The Military and Government Dimension
The defence and government interest in GPS alternatives is not new, but it has intensified sharply in 2025 and 2026 in ways that are accelerating private capital deployment.
In September 2025, a coalition of 14 aviation and maritime industry groups — including Airlines for America, the Air Line Pilots Association, the National Business Aviation Association, and the US Chamber of Commerce — sent a formal letter to the US Department of Transportation and the Department of Defense warning about the growing threat of GPS interference and calling for faster action to address it.
The US FY26 appropriations bill included $15 million for resilient GPS space systems and $15 million for a demonstration of commercial positioning, navigation, and timing services — a signal that Congress is beginning to fund the alternatives rather than just the satellites.
In-Q-Tel's participation in Advanced Navigation's Series C, and Lockheed Martin Ventures' participation in ANELLO's round, represent the intelligence and defence establishment's direct investment in the private sector solutions they intend to eventually procure. This is the infrastructure cycle that underpins many of the largest deep-tech outcomes: government validates the requirement, defence primes invest early, and the companies that receive that validation can then access much larger commercial markets once the technology is proven.
Dana Goward, president of the Resilient Navigation and Timing Foundation, has argued that what is needed is "a quantum capability leap" rather than marginal improvements to existing GPS infrastructure. Advanced Navigation is already developing quantum sensing technology as part of its next-generation product stack — a direction that, if realised at commercial scale, would represent a generational shift in navigation capability rather than an incremental improvement.
The Stakes — and the Window
GPS-related economic activity represents roughly $1.4 trillion annually in the United States alone. The infrastructure sectors most exposed to GPS vulnerability — aviation, shipping, autonomous vehicles, precision agriculture, energy grid timing — collectively dwarf that figure. The cost of a GPS failure is not the cost of not knowing where you are. It is the cost of a tanker collision, a grounded flight network, a warehouse full of robots that stop working, and an autonomous drone fleet that becomes unpredictable.
The companies building GPS alternatives are not solving a niche problem for edge cases. They are building resilience infrastructure for the physical economy that the world's richest countries have spent the last three decades making dependent on a signal that anyone with $100 and a radio transmitter can disrupt.

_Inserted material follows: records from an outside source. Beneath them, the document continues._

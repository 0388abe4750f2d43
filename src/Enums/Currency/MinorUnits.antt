-- ===== src/Enums/Currency/MinorUnits.antt =====
-- The minor units of the currencies and the range of the amounts.
use mercado.Prelude.Results.{ok, err}
use mercado.Prelude.Int.{pos, ℤ, leb_ℤ, pos_part, ltb_ℤ, negsuc}
use mercado.Enums.Currency.ThreeDecimal.{is_three_decimal_currency}
use mercado.Enums.Currency.ZeroDecimal.{is_zero_decimal_currency}
use mercado.Enums.Currency.Units.{
  Floats, to_currency_base_unit_asf64, u32_try_from, try_from_int_error,
}
use mercado.Enums.Currency.Iso4217.{iso_4217}
use mercado.Enums.Currency.Types.{Currency}
use mercado.Prelude.{
  List, String, Bool, ℕ, ◌∷◌, ◌≡◌, [], false, if◌then◌else◌, refl, str_eq, ◌||◌, ◌^◌, arith, ◌&&◌,
}

-- ISO 4217, the numbers of the currencies of `Currency` whose minor unit is not a hundredth: those
-- with none, in the order BIF CLP DJF GNF JPY KMF KRW PYG RWF UGX VND VUV XAF XOF XPF, and those
-- with a thousandth, BHD IQD JOD KWD LYD OMR TND.
abbrev pub no_minor_unit : List String
no_minor_unit =
    "108" ∷ "152" ∷ "262" ∷ "324" ∷ "392" ∷ "174" ∷ "410" ∷ "600" ∷ "646" ∷ "800" ∷ "704" ∷ "548"
    ∷ "950" ∷ "952" ∷ "953" ∷ []

abbrev pub thousandths : List String
thousandths = "048" ∷ "368" ∷ "400" ∷ "414" ∷ "434" ∷ "512" ∷ "788" ∷ []

abbrev pub is_in : String → List String → Bool
is_in s [] = false
is_in s (t ∷ ts) = let rest = is_in s ts in str_eq s t || rest

-- The digits after the point that ISO 4217 gives the currency of a number.
abbrev pub minor_units : String → ℕ
minor_units code = if is_in code no_minor_unit then 0 else if is_in code thousandths then 3 else 2

-- What the code divides by: as ISO 4217, but for MGA, 969, with two digits there and none in the code.
abbrev pub divided_digits : String → ℕ
divided_digits code = if str_eq code "969" then 0 else minor_units code

unfoldable decimals : Currency → ℕ
decimals c = if is_zero_decimal_currency c then 0 else if is_three_decimal_currency c then 3 else 2

decimals-eq-divided_digits : (c : Currency) → decimals c ≡ divided_digits (iso_4217 c)
unfolding decimals iso_4217 is_zero_decimal_currency is_three_decimal_currency
decimals-eq-divided_digits Currency.aed = refl
decimals-eq-divided_digits _ = refl

abbrev pub is_u32 : ℤ → Bool
is_u32 amount = leb_ℤ (pos 0) amount && ltb_ℤ amount (pos (2 ^ 32))

-- If dividing by one changes nothing: an amount in minor units is converted exactly if it is a u32,
-- and else it is an error. It is divided by the power of ten that ISO 4217 gives for the currency,
-- but for MGA, which has two digits there and is not divided.
pub to_currency_base_unit_asf64-outcome :
    {F : Type 0} (f64 : Floats F)
    → ((x : F) → f64.div x (f64.of_ℕ 1) ≡ x)
    → (c : Currency) (amount : ℤ)
    → let digits = if str_eq (iso_4217 c) "969" then 0 else minor_units (iso_4217 c) in
      to_currency_base_unit_asf64 f64 c amount ≡ (
        if is_u32 amount
        then ok (f64.div (f64.of_ℕ (pos_part amount)) (f64.of_ℕ (10 ^ digits)))
        else err try_from_int_error)
unfolding to_currency_base_unit_asf64 u32_try_from decimals
to_currency_base_unit_asf64-outcome f64 div-one c (pos n) =
    rw (← decimals-eq-divided_digits c) (ground (arith, div-one (f64.of_ℕ n)))
to_currency_base_unit_asf64-outcome f64 div-one c (negsuc n) = ground arith
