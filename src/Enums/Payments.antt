-- ===== src/Enums/Payments.antt =====
-- Payment methods and the statuses of payments: crates/common_enums.
pub mod Methods
pub mod Statuses
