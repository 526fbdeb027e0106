-- ===== src/Promotions/Engine/Order.antt =====
-- The order in which promotions are evaluated (modules/promotions/entities/promotion.engine.ts).
use smart_light.Prelude.{
  ℕ, ◌+◌, ◌∙◌, true, false, List, [], ◌∷◌, ◌≡◌, refl, arith, ◌==◌, inl, inr, Bool-cases,
  if◌then◌else◌,
}
use smart_light.Table.{All}
use smart_light.Table.Rows.{All-map}
use smart_light.Promotions.Amount.{Amount}
use smart_light.Promotions.Types.{Promotion}
use smart_light.Promotions.Engine.{comes_before, insert, sort}

module _ {W : Type 0} ⦃w : Amount W⦄ where
  pub All-insert {κ} :
      (P : Promotion W → Type κ) (p : Promotion W) (t : List (Promotion W))
      → P p
      → All P t
      → All P (insert p t)
  unfolding insert
  All-insert P p [] h a = (h, a)
  All-insert P p (q ∷ t) h a = elim (Bool-cases (comes_before q p)) [
    | inl older ↦ rw older (a.0, All-insert P p t h a.1)
    | inr younger ↦ rw younger (h, a)
  ]

  pub All-sort {κ} : (P : Promotion W → Type κ) (t : List (Promotion W)) → All P t → All P (sort t)
  unfolding sort
  All-sort P [] a = a
  All-sort P (p ∷ t) a = All-insert P p (sort t) a.0 (All-sort P t a.1)

  before-asym : (p q : Promotion W) → comes_before q p ≡ true → comes_before p q ≡ false
  before-asym p q h = ground (arith, h)

  -- What does not come before `q`, which does not come before `p`, does not come before `p`.
  not_before_trans :
      (p q x : Promotion W)
      → comes_before q p ≡ false
      → comes_before x q ≡ false
      → comes_before x p ≡ false
  not_before_trans p q x h k = ground (arith, h, k)

  -- No promotion comes before one that stands in front of it.
  abbrev pub IsSorted : List (Promotion W) → Type 0
  IsSorted [] = Unit
  IsSorted (p ∷ t) = All (λ q. comes_before q p ≡ false) t × IsSorted t

  -- How often an id occurs.
  unfoldable pub occurrences : ℕ → List (Promotion W) → ℕ
  occurrences id [] = 0
  occurrences id (p ∷ t) = (if p.id == id then 1 else 0) + occurrences id t

  insert-IsSorted : (p : Promotion W) (t : List (Promotion W)) → IsSorted t → IsSorted (insert p t)
  unfolding insert
  insert-IsSorted p [] s = (tt, tt)
  insert-IsSorted p (q ∷ t) (first, s) = elim (Bool-cases (comes_before q p)) [
    | inl older ↦ rw older (
      All-insert (λ x. comes_before x q ≡ false) p t (before-asym p q older) first,
      insert-IsSorted p t s,
    )
    | inr younger ↦
        rw younger
          ((younger, All-map t (λ x h. not_before_trans p q x younger h) first), (first, s))
  ]

  pub sort-IsSorted : (t : List (Promotion W)) → IsSorted (sort t)
  unfolding sort
  sort-IsSorted [] = tt
  sort-IsSorted (p ∷ t) = insert-IsSorted p (sort t) (sort-IsSorted t)

  occurrences-insert :
      (id : ℕ) (p : Promotion W) (t : List (Promotion W))
      → occurrences id (insert p t) ≡ occurrences id (p ∷ t)
  unfolding occurrences insert
  occurrences-insert id p [] = refl
  occurrences-insert id p (q ∷ t) = elim (Bool-cases (comes_before q p)) [
    | inl older ↦ rw older (omega (arith, occurrences-insert id p t))
    | inr younger ↦ rw younger refl
  ]

  pub occurrences-sort :
      (id : ℕ) (t : List (Promotion W)) → occurrences id (sort t) ≡ occurrences id t
  unfolding occurrences sort
  occurrences-sort id [] = refl
  occurrences-sort id (p ∷ t) =
      occurrences-insert id p (sort t) ∙ omega (arith, occurrences-sort id t)
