-- ===== src/Promotions/Engine/Bounds.antt =====
-- What a promotion may take off (modules/promotions/entities/promotion.engine.ts).
use smart_light.Prelude.{
  ℕ, suc, true, false, List, [], ◌∷◌, Option, none, some, ◌≡◌, arith, inl, inr, Bool-cases,
  Option-cases,
}
use smart_light.Table.{All}
use smart_light.Promotions.Amount.{Amount, IsOrdered, ◌≤?◌, least, greatest}
use smart_light.Promotions.Types.{Promotion, CartContext, Progress, RejectionReason, is_shipping}
use smart_light.Promotions.Engine.{
  applicable_amount, raw_discount, cap, discount, rejection, apply_shipping, apply_order, step,
  rounds, initial, evaluate, reject, sort,
}
use smart_light.Promotions.Engine.Order.{All-sort}

module _ {W : Type 0} ⦃w : Amount W⦄ ⦃laws : IsOrdered W⦄ where
  abbrev pub IsNonneg : W → Type 0
  IsNonneg a = (w.zero ≤? a) ≡ true

  pub least_le_right : (a b : W) → (least a b ≤? b) ≡ true
  least_le_right a b = ground (arith, laws.le_refl b)

  greatest-IsNonneg : (x : W) → IsNonneg (greatest x w.zero)
  greatest-IsNonneg x = ground (arith, laws.le_refl w.zero, laws.le_total x w.zero)

  pub IsNonneg-greatest : (x : W) → IsNonneg (greatest w.zero x)
  IsNonneg-greatest x = ground (arith, laws.le_refl w.zero)

  greatest_le : (x b : W) → (x ≤? b) ≡ true → IsNonneg b → (greatest x w.zero ≤? b) ≡ true
  greatest_le x b h n = ground (arith, h, n)

  at_least_zero_le : (x b : W) → (x ≤? b) ≡ true → IsNonneg b → (greatest w.zero x ≤? b) ≡ true
  at_least_zero_le x b h n = ground (arith, h, n)

  pub discount-IsNonneg : (p : Promotion W) (amount : W) → IsNonneg (discount p amount)
  unfolding discount
  discount-IsNonneg p amount = greatest-IsNonneg _

  pub discount-le :
      (p : Promotion W) (amount : W) → IsNonneg amount → (discount p amount ≤? amount) ≡ true
  unfolding discount
  discount-le p amount n = greatest_le _ amount (least_le_right _ amount) n

  cap_le : (o : Option W) (m x : W) → o ≡ some m → (cap o x ≤? m) ≡ true
  cap_le o m x limited = ground (arith, limited, laws.le_refl m)

  least_le_left : (a b : W) → (least a b ≤? a) ≡ true
  least_le_left a b = ground (arith, laws.le_refl a, laws.le_total a b)

  -- The discount of a promotion with a maximum is not negative, at most the amount that the promotion
  -- applies to, and at most the maximum, where neither the amount nor the maximum is negative.
  pub discount_within :
      (p : Promotion W) (amount maximum : W)
      → IsNonneg amount
      → IsNonneg maximum
      → p.maximum_discount ≡ some maximum
      → IsNonneg (discount p amount)
        × ((discount p amount ≤? amount) ≡ true)
        × ((discount p amount ≤? maximum) ≡ true)
  unfolding discount
  discount_within p amount maximum n m limited = (
    discount-IsNonneg p amount,
    discount-le p amount n,
    greatest_le _ maximum
        (laws.le_trans _ _ maximum
          (least_le_left (cap p.maximum_discount (raw_discount p amount)) amount)
          (cap_le p.maximum_discount maximum (raw_discount p amount) limited))
        m,
  )

  -- The three ways of a round.
  module _ (now : ℕ) (all : List (Promotion W)) (context : CartContext W) (c : Progress W)
      (p : Promotion W) where
    pub step_rejected :
        {r : RejectionReason}
        → rejection now all context c p ≡ some r
        → step now all context c p ≡ (reject p r context, c)
    unfolding step
    step_rejected rejected = ground (arith, rejected)

    pub step_shipping :
        rejection now all context c p ≡ none
        → is_shipping p.type ≡ true
        → step now all context c p ≡ apply_shipping context c p
    unfolding step
    step_shipping passed free = ground (arith, passed, free)

    pub step_order :
        rejection now all context c p ≡ none
        → is_shipping p.type ≡ false
        → step now all context c p ≡ apply_order context c p
    unfolding step
    step_order passed paid = ground (arith, passed, paid)

  -- What the loop keeps.
  record IsBounded (context : CartContext W) (c : Progress W) : Type 0 where
    lower : IsNonneg c.subtotal_after
    upper : (c.subtotal_after ≤? context.subtotal) ≡ true
    shipping : IsNonneg c.shipping_discount

  module _ (context : CartContext W) (subtotal_nonneg : IsNonneg context.subtotal)
      (fee_nonneg : IsNonneg context.shipping_fee) where
    waived : Promotion W → W
    waived p = least (raw_discount p (applicable_amount p context)) context.shipping_fee

    waived-IsNonneg :
        (p : Promotion W)
        → IsNonneg p.discount_value
        → is_shipping p.type ≡ true
        → IsNonneg (waived p)
    unfolding raw_discount waived
    waived-IsNonneg p value_nonneg free = ground (arith, value_nonneg, free, fee_nonneg)

    apply_shipping-IsBounded :
        (c : Progress W) (p : Promotion W)
        → IsNonneg (waived p)
        → IsBounded context c
        → IsBounded context (apply_shipping context c p).1
    unfolding waived
    apply_shipping-IsBounded c p n b = record {
      lower = b.lower;
      upper = b.upper;
      shipping = laws.add_nonneg c.shipping_discount _ b.shipping n;
    }

    apply_order-IsBounded :
        (c : Progress W) (p : Promotion W)
        → IsBounded context c
        → IsBounded context (apply_order context c p).1
    apply_order-IsBounded c p b = record {
      lower = IsNonneg-greatest _;
      upper =
          at_least_zero_le _ context.subtotal
            (laws.le_trans _ c.subtotal_after context.subtotal
              (laws.sub_le c.subtotal_after _ (discount-IsNonneg p _)) b.upper)
            subtotal_nonneg;
      shipping = b.shipping;
    }

    step-IsBounded :
        (now : ℕ) (all : List (Promotion W)) (c : Progress W) (p : Promotion W)
        → IsNonneg p.discount_value
        → IsBounded context c
        → IsBounded context (step now all context c p).1
    step-IsBounded now all c p n b = elim (Option-cases (rejection now all context c p)) [
      | inr (r, rejected) ↦ rw (step_rejected now all context c p rejected) b
      | inl passed ↦ elim (Bool-cases (is_shipping p.type)) [
        | inl free ↦
            rw (step_shipping now all context c p passed free)
              (apply_shipping-IsBounded c p (waived-IsNonneg p n free) b)
        | inr paid ↦ rw (step_order now all context c p passed paid) (apply_order-IsBounded c p b)
      ]
    ]

    rounds-IsBounded :
        (clock : ℕ → ℕ) (i : ℕ) (all : List (Promotion W)) (c : Progress W)
        (ps : List (Promotion W))
        → All (λ p. IsNonneg p.discount_value) ps
        → IsBounded context c
        → IsBounded context (rounds clock i all context c ps).1
    unfolding rounds
    rounds-IsBounded clock i all c [] a b = b
    rounds-IsBounded clock i all c (p ∷ ps) a b =
        rounds-IsBounded clock (suc i) all (step (clock i) all context c p).1 ps a.1
          (step-IsBounded (clock i) all c p a.0 b)

  -- Where neither the subtotal, nor the shipping fee, nor a discount value is negative, the final
  -- subtotal and the final shipping fee are not negative, and neither is above what it was before;
  -- the shipping discount is not negative.
  pub evaluate_within :
      (clock : ℕ → ℕ) (promotions : List (Promotion W)) (context : CartContext W)
      → IsNonneg context.subtotal
      → IsNonneg context.shipping_fee
      → All (λ p. IsNonneg p.discount_value) promotions
      → IsNonneg (evaluate clock promotions context).final_subtotal
        × (((evaluate clock promotions context).final_subtotal ≤? context.subtotal) ≡ true)
        × IsNonneg (evaluate clock promotions context).final_shipping_fee
        × (((evaluate clock promotions context).final_shipping_fee ≤? context.shipping_fee) ≡ true)
        × IsNonneg (evaluate clock promotions context).shipping_discount
  unfolding evaluate
  evaluate_within clock promotions context s f a =
      let b =
        rounds-IsBounded context s f clock 0 (sort promotions) (initial context) (sort promotions)
          (All-sort _ promotions a)
          (record {
            lower = s;
            upper = laws.le_refl context.subtotal;
            shipping = laws.le_refl w.zero;
          }) in
      (
        b.lower,
        b.upper,
        IsNonneg-greatest _,
        at_least_zero_le _ context.shipping_fee (laws.sub_le context.shipping_fee _ b.shipping) f,
        b.shipping,
      )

The investment thesis is simple and uncomfortable: the more autonomous systems proliferate — in logistics, in agriculture, in defence, in construction — the more catastrophic a GPS failure or GPS spoofing event becomes. Every autonomous vehicle added to the world is another node of vulnerability. Every drone delivery expanded to a new geography is another potential weapon for spoofing. Every data centre that synchronises its timestamps via GPS is another system that fails if the signal is compromised.
ZaiNar's unicorn valuation, Advanced Navigation's $110 million round, ANELLO's oversubscribed Series B-2, Point One's Series C — these are the market's way of pricing in a risk that governments have known about for decades and that the private sector is only now fully reckoning with. The companies that build the navigation layer for a post-GPS world — or more accurately, a GPS-plus-resilience world — will be embedded in the physical infrastructure of the autonomous economy in the same way that GPS itself became embedded in the infrastructure of the internet economy.
The race is not to replace GPS. GPS will not go away. The race is to make sure that when GPS goes wrong — which it will, increasingly often, in an increasingly contested world — the systems we depend on do not go with it.